Existence of Perfect subset for any given measure

Question: Show that if $$0 \leq \text{m}(A) \leq \infty$$, then for each positive $$q < \text{m}(A)$$ there is a perfect set $$B \subset A$$ of measure $$q$$. (All subsets are in $$\mathbb{R}$$ and the measure is the Lebesgue measure).

I can find a $$B$$ without the restriction of being perfect. Now for any given $$\epsilon > 0$$ thre is a closed $$F$$ such that $$\text{m}(B) - \text{m}(F) < \epsilon$$. and so by Cantor Bendixson we get a perfect set with measure $$q' = \text{m}(F)$$ where $$q - q' < \epsilon$$ and this can be done for any $$\epsilon$$ but I am unable to find a perfect set with exact $$q$$ as the measure.

How to proceed?

This is problem $$2.1.31$$ from Kaczor and Nowak, Problems in Analysis III, Integration. I am unable to follow the solution given in the book.

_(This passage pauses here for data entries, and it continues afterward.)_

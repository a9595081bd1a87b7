-- ===== src/KAnonymity/Merge.antt =====
-- What merging the small cohorts does: no small cohort stays, and who is kept.
use angavu_intelligence_back.Common.{
  ℕ, suc, ◌≤◌, ◌<◌, ◌≡◌, ◌⊎◌, inl, inr, refl, Bool, true, false, ◌||◌, none, some, List, [], ◌∷◌,
  String, str_eq, str_eq_refl, length, length-append, retain, All, Option-cases, arith,
}
use angavu_intelligence_back.KAnonymity.{KAnonymityEnforcer}
use angavu_intelligence_back.KAnonymity.Cohorts.{
  Cohorts, absorb, nearest, get, remove, extend, merge_one, merge_all, small_cohorts,
  merge_small_cohorts,
}

abbrev listed : String → List String → Bool
listed k [] = false
listed k (j ∷ js) = str_eq k j || listed k js

-- Every cohort has `lo` members or more, or its key is still to be merged.
abbrev Pending : ℕ → List String → Cohorts → Type 0
Pending lo keys = All (λ e. (lo ≤ length e.1) ⊎ (listed e.0 keys ≡ true))

module _ (lo : ℕ) where
  remove-Pending :
      (key : String) (keys : List String) (m : Cohorts)
      → Pending lo (key ∷ keys) m
      → Pending lo keys (remove key m)
  unfolding remove retain
  remove-Pending key keys [] h = tt
  remove-Pending key keys (e ∷ m) h = ground (arith, remove-Pending key keys m h.1)

  extend-Pending :
      (target : String) (members : List String) (keys : List String) (m : Cohorts)
      → Pending lo keys m
      → Pending lo keys (extend target members m)
  unfolding extend
  extend-Pending target members keys [] h = tt
  extend-Pending target members keys ((j, old) ∷ m) h =
      ground (arith, extend-Pending target members keys m h.1, length-append old members)

  get-none :
      (key : String) (keys : List String) (m : Cohorts)
      → get key m ≡ none
      → Pending lo (key ∷ keys) m
      → Pending lo keys m
  unfolding get
  get-none key keys [] n h = tt
  get-none key keys ((j, old) ∷ m) n h = ground (arith, get-none key keys m (ground arith) h.1)

  merge_one-Pending :
      (key : String) (keys : List String) (m : Cohorts)
      → Pending lo (key ∷ keys) m
      → Pending lo keys (merge_one key m)
  unfolding merge_one
  merge_one-Pending key keys m h = elim (Option-cases (get key m)) [
    | inl n ↦ rw (n, merge_one) (get-none key keys m n h)
    | inr (members, g) ↦
        rw (g, merge_one)
          (elim (nearest key (remove key m))
            as (λ o. Pending lo keys (absorb members (remove key m) o)) [
              | none ↦ remove-Pending key keys m h
              | some target ↦
                  extend-Pending target members keys (remove key m) (remove-Pending key keys m h)
            ])
  ]

  merge_all-Pending :
      (keys : List String) (m : Cohorts) → Pending lo keys m → Pending lo [] (merge_all keys m)
  unfolding merge_all
  merge_all-Pending [] m h = h
  merge_all-Pending (key ∷ keys) m h =
      merge_all-Pending keys (merge_one key m) (merge_one-Pending key keys m h)

  Pending-nil : (m : Cohorts) → Pending lo [] m → All (λ e. lo ≤ length e.1) m
  Pending-nil [] h = tt
  Pending-nil (e ∷ m) h = ground (arith, Pending-nil m h.1)

weaken-Pending :
    (lo : ℕ) (key : String) (keys : List String) (m : Cohorts)
    → Pending lo keys m
    → Pending lo (key ∷ keys) m
weaken-Pending lo key keys [] h = tt
weaken-Pending lo key keys (e ∷ m) h = ground (arith, weaken-Pending lo key keys m h.1)

small_cohorts-Pending : (k : ℕ) (m : Cohorts) → Pending k (small_cohorts k m) m
unfolding small_cohorts
small_cohorts-Pending k [] = tt
small_cohorts-Pending k ((key, members) ∷ m) =
    let rest = small_cohorts k m in
    ground (arith, small_cohorts-Pending k m, weaken-Pending k key rest m, str_eq_refl key)

-- After merging, every cohort that is left has at least k members.
pub merge_small_cohorts-large :
    (enforcer : KAnonymityEnforcer) (m : Cohorts)
    → All (λ e. enforcer.k ≤ length e.1) (merge_small_cohorts enforcer m)
unfolding merge_small_cohorts
merge_small_cohorts-large enforcer m = Pending-nil enforcer.k _ (
    merge_all-Pending enforcer.k (small_cohorts enforcer.k m) m
      (small_cohorts-Pending enforcer.k m))

small-Pending :
    (lo k : ℕ) (m : Cohorts) → All (λ e. length e.1 < k) m → Pending lo (small_cohorts k m) m
unfolding small_cohorts
small-Pending lo k [] h = tt
small-Pending lo k ((key, members) ∷ m) h =
    let rest = small_cohorts k m in
    ground (arith, small-Pending lo k m h.1, weaken-Pending lo key rest m, str_eq_refl key)

empty_of_bounds : (m : Cohorts) → ((lo : ℕ) → All (λ e. lo ≤ length e.1) m) → m ≡ []
empty_of_bounds [] h = refl
empty_of_bounds (e ∷ m) h = absurd (omega (arith, (h (suc (length e.1))).0))

-- Where every cohort is smaller than k, nothing is left after merging: the last cohort finds none to
-- be merged with and is dropped with all the members gathered in it, also where they are k or more.
pub merge_small_cohorts-lost :
    (enforcer : KAnonymityEnforcer) (m : Cohorts)
    → All (λ e. length e.1 < enforcer.k) m
    → merge_small_cohorts enforcer m ≡ []
unfolding merge_small_cohorts
merge_small_cohorts-lost enforcer m h =
    let keys = small_cohorts enforcer.k m in
    empty_of_bounds (merge_all keys m)
      (λ lo. Pending-nil lo _ (merge_all-Pending lo keys m (small-Pending lo enforcer.k m h)))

• Appropriately modify the construction process for any specific construction of a perfect nowhere dense set having positive measure. Oct 2 at 14:20
• I am unable to follow up from your hint. I can make a nowhere dense perfect for any given measure $\alpha$ by translating the Cantor type sets. But how to ensure that the construction gives a subset inside $A$? I only know how to do it inside intervals. Oct 2 at 14:56
• Sorry, I missed the part about doing it inside an arbitrary set of positive measure. What I said was intended for when $A$ is an interval of positive length. In case you're interested, see this MSE answer for similar results -- more general in some ways, less in other ways. Oct 2 at 14:59
• @DaveL.Renfro Thank you for the link. The conjecture is interesting. for any $a < b$ we can make a set $A$ with $m_*(A)= a$ , $m^{*}(A) = b$(say using Vitali Sets), but with the added restriction of finding it in a given subset seems open. Of course in this $A$ cannot be perfect. Oct 4 at 13:04

Since $$m(A)>q$$, for some $$n_1$$ sufficiently large $$m(A)>q+\frac{1}{n_1}$$. Now, choose $$B\subseteq A$$ arbitrary with $$\mu(B)=q+\frac{1}{n_1}$$ and set $$\varepsilon_1:=\frac{1}{2n_1}$$. We can find a closed set $$F_{n_1}\subseteq B$$ with measure at least $$q+\frac{1}{2n_1}$$ (and at most $$q+\frac{1}{n_1}$$), taking a countable set out we can assume that $$F_{n_1}$$ is perfect. Now take $$F_{n_1}$$ in place of $$A$$, the same procedure gives $$F_{n_2}\subseteq F_{n_1}$$ with measure between $$q+\frac{1}{2n_2}$$ to $$q+\frac{1}{n_2}$$, where $$n_2>n_1$$ (and we have complete freedom choosing $$n_2$$).
Continue this way (using induction) choosing $$n_k\rightarrow\infty$$, we get a sequence of perfect sets $$...\subseteq F_{n_k}\subseteq F_{n_{k-1}}\subseteq...\subseteq F_{n_1}$$.
The intersection of a decreasing sequence of perfect sets is a perfect set $$F=\bigcap_{i=1}^\infty F_{n_i}$$ and by construction and regularity of the Lebesgue measure, we have $$m(F)=q.$$